ESEMK analysed current institutional changes occurring in Europe, their impacts on socioeconomic development models and their policy implications, mainly on three main institutional areas: product market regulation, employment relationships, and financial system. For each institutional area, the research team has considered how transformations taking place at the macro / societal level, at the meso / industry level and at the micro / company level interact.
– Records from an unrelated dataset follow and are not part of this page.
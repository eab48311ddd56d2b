-- ===== src/Blob/Tests.antt =====
-- Calls of SPDK, and a `setup` whose second callback fails (src/io/blob/blob.hpp).
use sqkio.Common.{ℕ, zero, suc, ◌≡◌, refl, [], ◌∷◌, true, Option, none, some, ◌==◌, arith}
use sqkio.Outcome.{ok}
use sqkio.Ring.Calls.Valid.{contents}
use sqkio.Ring.Elements.{scale}
use sqkio.Scheduler.{SqkScheduler}
use sqkio.Scheduler.Ready.{one_ready, one_ready-IsValid}
use sqkio.Awaker.{Awaker, resumes, suspends, await_resume}
use sqkio.Blob.{Completion, common_cb, blob_call}
use sqkio.Blob.Orders.{blob_orders}
use sqkio.Blob.Make.Ends.{Runs, make_blob_ends}
use sqkio.Blob.Setup.{Spdk, setup}
use sqkio.Blob.Setup.Ends.{setup_returns}

abbrev zeroed : ℕ → ℕ
zeroed rc = 0

abbrev done : Completion ℕ
done = record { result = 22; succeeded = true }

blob_orders_example :
    ((a : Awaker ℕ ℕ) × (a' : Awaker ℕ ℕ) × (s' : SqkScheduler ℕ) × (blob_call zeroed 1 0 none 5
          one_ready
        ≡ ok (suspends, a, one_ready))
      × (common_cb zeroed 1 done a one_ready ≡ ok (a', s'))
      × (contents 8 s'.queue ≡ (9 ∷ []) ∷ (5 ∷ []) ∷ [])
      × ((await_resume zeroed 1 a').0 ≡ 22))
    × (blob_call zeroed 1 0 (some done) 5 one_ready
        ≡ ok (suspends, record { handle = some 5; ret = 22 }, one_ready))
unfolding scale
blob_orders_example = blob_orders zeroed 2 0 0 5 done one_ready one_ready-IsValid (omega arith)

-- The polls 1 and 3 make a callback; the second has the code 12. The thread exits at the third look.
abbrev fails_late : Spdk
fails_late = record {
  env_init = 0;
  thread_lib_init = 0;
  has_thread = true;
  in_runtime = true;
  callback = calls;
  exited = λ look. look == 2;
}
  where
    calls : ℕ → Option ℕ
    calls zero = none
    calls (suc zero) = some 0
    calls (suc (suc zero)) = none
    calls (suc (suc (suc n))) = some 12

setup_returns_example : setup zeroed true 1 fails_late 9 0 5 one_ready ≡ ok (resumes 12, one_ready)
setup_returns_example =
    setup_returns zeroed true 1 fails_late 0 one_ready 4 2 9 12 5 refl refl (omega arith) refl
      (omega arith)

abbrev done_blob : Completion ℕ
done_blob = record { result = 90; succeeded = true }

make_blob_ends_example :
    Runs {C = ℕ} zeroed zeroed true 2 0 0 0 7 5 done done_blob one_ready one_ready one_ready
      one_ready one_ready
make_blob_ends_example =
    make_blob_ends zeroed zeroed true 2 0 0 0 7 5 done done_blob one_ready one_ready one_ready
      one_ready one_ready refl refl one_ready-IsValid (omega arith) one_ready-IsValid (omega arith)
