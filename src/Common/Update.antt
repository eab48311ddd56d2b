-- ===== src/Common/Update.antt =====
-- A write to one place of a memory, a map or a family of stacks that is modelled as a function.
use Prim.Native.Nat.{ℕ}
use native.Mathlib.Decide.{ℕ_discrete}
use mathlib.Core.Path.{◌≡◌, subst, sym}
use mathlib.Core.Logic.{◌≢◌}
use native.Mathlib.Omega.{arith}
use sqkio.Common.Tests.{◌==◌, ==_refl, if◌then◌else◌}

abbrev pub update {ℓ} : {A : Type ℓ} → (ℕ → A) → ℕ → A → ℕ → A
update f p v q = if p == q then v else f q

pub update_self : {A : Type 0} (f : ℕ → A) (p : ℕ) (v : A) → update f p v p ≡ v
update_self f p v = rw (==_refl p)

pub update_ne : {A : Type 0} (f : ℕ → A) (p q : ℕ) (v : A) → p ≢ q → update f p v q ≡ f q
update_ne f p q v ne = ground arith

-- What holds of the new value, and of the others at the other keys, holds of every value.
pub update_all :
    {A : Type 0} (P : ℕ → A → Type 0) (m : ℕ → A) (k : ℕ) (v : A)
    → P k v
    → ((g : ℕ) → k ≢ g → P g (m g))
    → (g : ℕ) → P g (update m k v g)
update_all P m k v here others g = elim (ℕ_discrete k g) [
  | yes e ↦ subst (λ (t : ℕ). P t (update m k v t)) e (subst (P k) (sym (update_self m k v)) here)
  | no ne ↦ subst (P g) (sym (update_ne m k g v ne)) (others g ne)
]
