-- ===== src/Fabric.antt =====
-- The event queue and the completion queue of src/net/fabric/fabric.hpp, with the endpoints that wait on
-- them. What libfabric gives is an argument of each operation.
pub mod Events
pub mod Completions
pub mod Infos
pub mod Resources
mod Tests
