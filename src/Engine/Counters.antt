-- ===== src/Engine/Counters.antt =====
-- cpp_core/src/kv_store.cpp: the counters over a run of calls, modulo 2^64.
use Prim.Native.String.{String}
use quark_cache.Common.{
  ℕ, ◌+◌, ◌%◌, ◌≤◌, ◌≡◌, refl, sym, ap, subst, ◌∙◌, Option, none, some, List, [], ◌∷◌, ltb, length,
  length-map, arith, Bool-cases, Option-cases, inl, inr,
}
use quark_cache.Engine.{word}
use quark_cache.Engine.Lru
use quark_cache.Engine.Lru.{LruCache}
use quark_cache.Engine.Refines.{empty-Refines}
use quark_cache.Engine.Promise.{Recency, stored_bytes, stored_bytes-pair, pair, Shows}
use quark_cache.Engine.Runs.{answers, left, run-Shows}
use quark_cache.Engine.Store.{
  KvStore, Request, set_key, get_key, del_key, sweep, connect, disconnect, Answer, done, found,
  serve, run, set, get, del, evict_expired, increment_connections, decrement_connections, asked,
  create, fresh_store, get_stats,
}

-- A call that counts as a request; a hit; a miss.
abbrev pub asks : Request → ℕ
asks (set_key now key value ttl) = 1
asks (get_key now key) = 1
asks (del_key key) = 1
asks _ = 0

abbrev pub hit : Answer → ℕ
hit (found (some v)) = 1
hit _ = 0

abbrev pub miss : Answer → ℕ
miss (found none) = 1
miss _ = 0

abbrev pub requests_in : List Request → ℕ
requests_in [] = 0
requests_in (q ∷ qs) = asks q + requests_in qs

abbrev pub hits_in : List Answer → ℕ
hits_in [] = 0
hits_in (a ∷ rest) = hit a + hits_in rest

abbrev pub misses_in : List Answer → ℕ
misses_in [] = 0
misses_in (a ∷ rest) = miss a + misses_in rest

abbrev pub HasCounted : ℕ → ℕ → ℕ → KvStore → Type 0
HasCounted t h m s = (s.total_requests ≡ t % word) × (s.hits ≡ h % word) × (s.misses ≡ m % word)

module _ (t h m : ℕ) where
  get-HasCounted :
      (now : ℕ) (key : String) (s : KvStore)
      → HasCounted t h m s
      → let a = found (get now key s).0 in
        HasCounted (t + 1) (h + hit a) (m + miss a) (get now key s).1
  unfolding get
  get-HasCounted now key s (x, y, z) = elim (Option-cases (Lru.get now key s.lru).0) [
    | inl e ↦ rw (e, get) (omega arith, omega arith, omega arith)
    | inr (v, e) ↦ rw (e, get) (omega arith, omega arith, omega arith)
  ]

  abbrev Tallies : Request → Answer → KvStore → Type 0
  Tallies q a s = HasCounted (t + asks q) (h + hit a) (m + miss a) s

  -- The answer and the store that a call gives are those that it returns.
  Tallies-result :
      (q : Request) (a b : Answer) (s s' : KvStore)
      → Path (Option (Answer × KvStore)) (some (a, s)) (some (b, s'))
      → Tallies q a s
      → Tallies q b s'
  Tallies-result q a b s s' e k =
      let same_answer : a ≡ b = cc in
      let same_store : s ≡ s' = cc in rw (← same_answer, ← same_store) k

  serve-HasCounted :
      (q : Request) (s : KvStore) (a : Answer) (s' : KvStore)
      → serve q s ≡ some (a, s')
      → HasCounted t h m s
      → Tallies q a s'
  unfolding serve set del evict_expired increment_connections decrement_connections
  serve-HasCounted (set_key now key value ttl) s a s' e (x, y, z) =
      elim (Option-cases (Lru.set now key value ttl s.lru)) [
        | inl k ↦ let e' = rw (k, set) at e in cc
        | inr (c, k) ↦
            Tallies-result (set_key now key value ttl) done a (record (asked s) { lru = c }) s'
              (rw (k, set) at e) (omega arith, omega arith, omega arith)
      ]
  serve-HasCounted (get_key now key) s a s' e c =
      Tallies-result (get_key now key) _ a _ s' e (get-HasCounted now key s c)
  serve-HasCounted (del_key key) s a s' e (x, y, z) =
      Tallies-result (del_key key) _ a _ s' e (omega arith, omega arith, omega arith)
  serve-HasCounted (sweep now) s a s' e (x, y, z) =
      Tallies-result (sweep now) _ a _ s' e (omega arith, omega arith, omega arith)
  serve-HasCounted connect s a s' e (x, y, z) =
      Tallies-result connect _ a _ s' e (omega arith, omega arith, omega arith)
  serve-HasCounted disconnect s a s' e (x, y, z) = elim (Bool-cases (ltb 0 s.active_connections)) [
    | inl k ↦
        Tallies-result disconnect done a _ s' (rw (k, decrement_connections) at e)
          (omega arith, omega arith, omega arith)
    | inr k ↦
        Tallies-result disconnect done a s s' (rw (k, decrement_connections) at e)
          (omega arith, omega arith, omega arith)
  ]

run-HasCounted :
    (qs : List Request) (t h m : ℕ) (s : KvStore) (out : List Answer) (s' : KvStore)
    → run qs s ≡ some (out, s')
    → HasCounted t h m s
    → HasCounted (t + requests_in qs) (h + hits_in out) (m + misses_in out) s'
unfolding run
run-HasCounted [] t h m s out s' e (x, y, z) =
    let same_out : [] ≡ out = cc in
    let same_store : s ≡ s' = cc in
    rw (← same_out, ← same_store) (omega arith, omega arith, omega arith)
run-HasCounted (q ∷ qs) t h m s out s' e counted = elim (Option-cases (serve q s)) [
  | inl k ↦ let e' = rw k at e in cc
  | inr ((a, s1), k) ↦
      let e1 = rw k at e in
      elim (Option-cases (run qs s1)) [
        | inl l ↦ let e2 = rw l at e1 in cc
        | inr ((rest, s2), l) ↦
            let e2 = rw l at e1 in
            let same_out : a ∷ rest ≡ out = cc in
            let same_store : s2 ≡ s' = cc in
            let (x, y, z) =
              run-HasCounted qs (t + asks q) (h + hit a) (m + miss a) s1 rest s2 l
                (serve-HasCounted t h m q s a s1 k counted) in
            rw (← same_out, ← same_store) (omega arith, omega arith, omega arith)
      ]
]

-- What a run from a new store comes to.
pub record Ends (capacity : ℕ) (qs : List Request) : Type 0 where
  pub store : KvStore
  pub end : KvStore
  pub created : create capacity ≡ some store
  pub ran : run qs store ≡ some (answers capacity qs [], end)
  pub shows : Shows end.lru (left capacity qs [])

create-some :
    (capacity : ℕ) → 1 ≤ capacity → create capacity ≡ some (fresh_store (Lru.empty capacity))
unfolding create Lru.create
create-some capacity h = ground arith

-- Every run of calls on a new store of non-zero capacity ends, answers each call as the list of entries
-- in the order of use says, and leaves the entries that it says.
pub run-Ends : (capacity : ℕ) (qs : List Request) → 1 ≤ capacity → Ends capacity qs
run-Ends capacity qs h =
    let s = fresh_store (Lru.empty capacity) in
    let (s', e, shown) = run-Shows qs s [] ([], empty-Refines capacity h, refl) in
    record { store = s; end = s'; created = create-some capacity h; ran = e; shows = shown }

bytes-Shows :
    (c : LruCache) (rs : Recency)
    → Shows c rs
    → (c.bytes_used ≡ stored_bytes rs % word)
      × (length c.entries ≡ length rs)
      × (length rs ≤ c.capacity)
bytes-Shows c rs (ss, r, shown) =
    subst
      (λ l.
        (c.bytes_used ≡ stored_bytes l % word)
        × (length c.entries ≡ length l)
        × (length l ≤ c.capacity))
      shown
      (
        r.bytes ∙ ap (λ b. b % word) (sym (stored_bytes-pair ss)),
        r.counts ∙ sym (length-map pair ss),
        rw (length-map pair ss) r.fits,
      )

-- What the statistics and the sizes say after a run.
abbrev pub Totals : (capacity : ℕ) (qs : List Request) → KvStore → Type 0
Totals capacity qs s =
    ((get_stats s).total_requests ≡ requests_in qs % word)
    × ((get_stats s).hits ≡ hits_in (answers capacity qs []) % word)
    × ((get_stats s).misses ≡ misses_in (answers capacity qs []) % word)
    × ((get_stats s).bytes_used ≡ stored_bytes (left capacity qs []) % word)
    × (length s.lru.entries ≤ s.lru.capacity)

-- After a run from a new store the statistics count, modulo 2^64, the calls, the reads that found a
-- value and those that did not, and the bytes of the keys and values that are stored; and no more keys
-- are stored than the capacity.
pub run-Totals :
    (capacity : ℕ) (qs : List Request) (run' : Ends capacity qs)
    → 1 ≤ capacity
    → Totals capacity qs run'.end
unfolding get_stats
run-Totals capacity qs run' h =
    let same_start : fresh_store (Lru.empty capacity) ≡ run'.store =
      let e = sym (create-some capacity h) ∙ run'.created in cc in
    let (x, y, z) =
      run-HasCounted qs 0 0 0 run'.store (answers capacity qs []) run'.end run'.ran
        (rw (← same_start) (refl, refl, refl)) in
    let (bytes, many, fits) = bytes-Shows run'.end.lru (left capacity qs []) run'.shows in
    (omega arith, omega arith, omega arith, bytes, omega arith)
The impacts of product market deregulation, which is at the core of the European structural reforms, including in the Lisbon Agenda, have been discussed at the macro and the meso (industry) levels.

The ESEMK main findings and conclusions presented could be summarised as follows:
1. First of all, a strong effort has been realised to develop an analytical framework which articulates the macro-level (socio-economic model), the meso-level (sector or industry) and the micro-level (productive models for firms).
2. Using these analytical tools, the project analysed current institutional changes occurring in Europe, their impacts on socioeconomic development models and their policy implications, on three main institutional areas: product market regulation, labour market, and financial system. These transformations have been developed at the macro / societal level, at the meso / industry level and at the micro / company level.
3. These modifications do not lead, neither to the emergence of a specific European model exhibiting distinct characteristics (social protection, corporate governance…), neither to convergence towards a market-based model, discussing the Lisbon agenda within this theoretical framework.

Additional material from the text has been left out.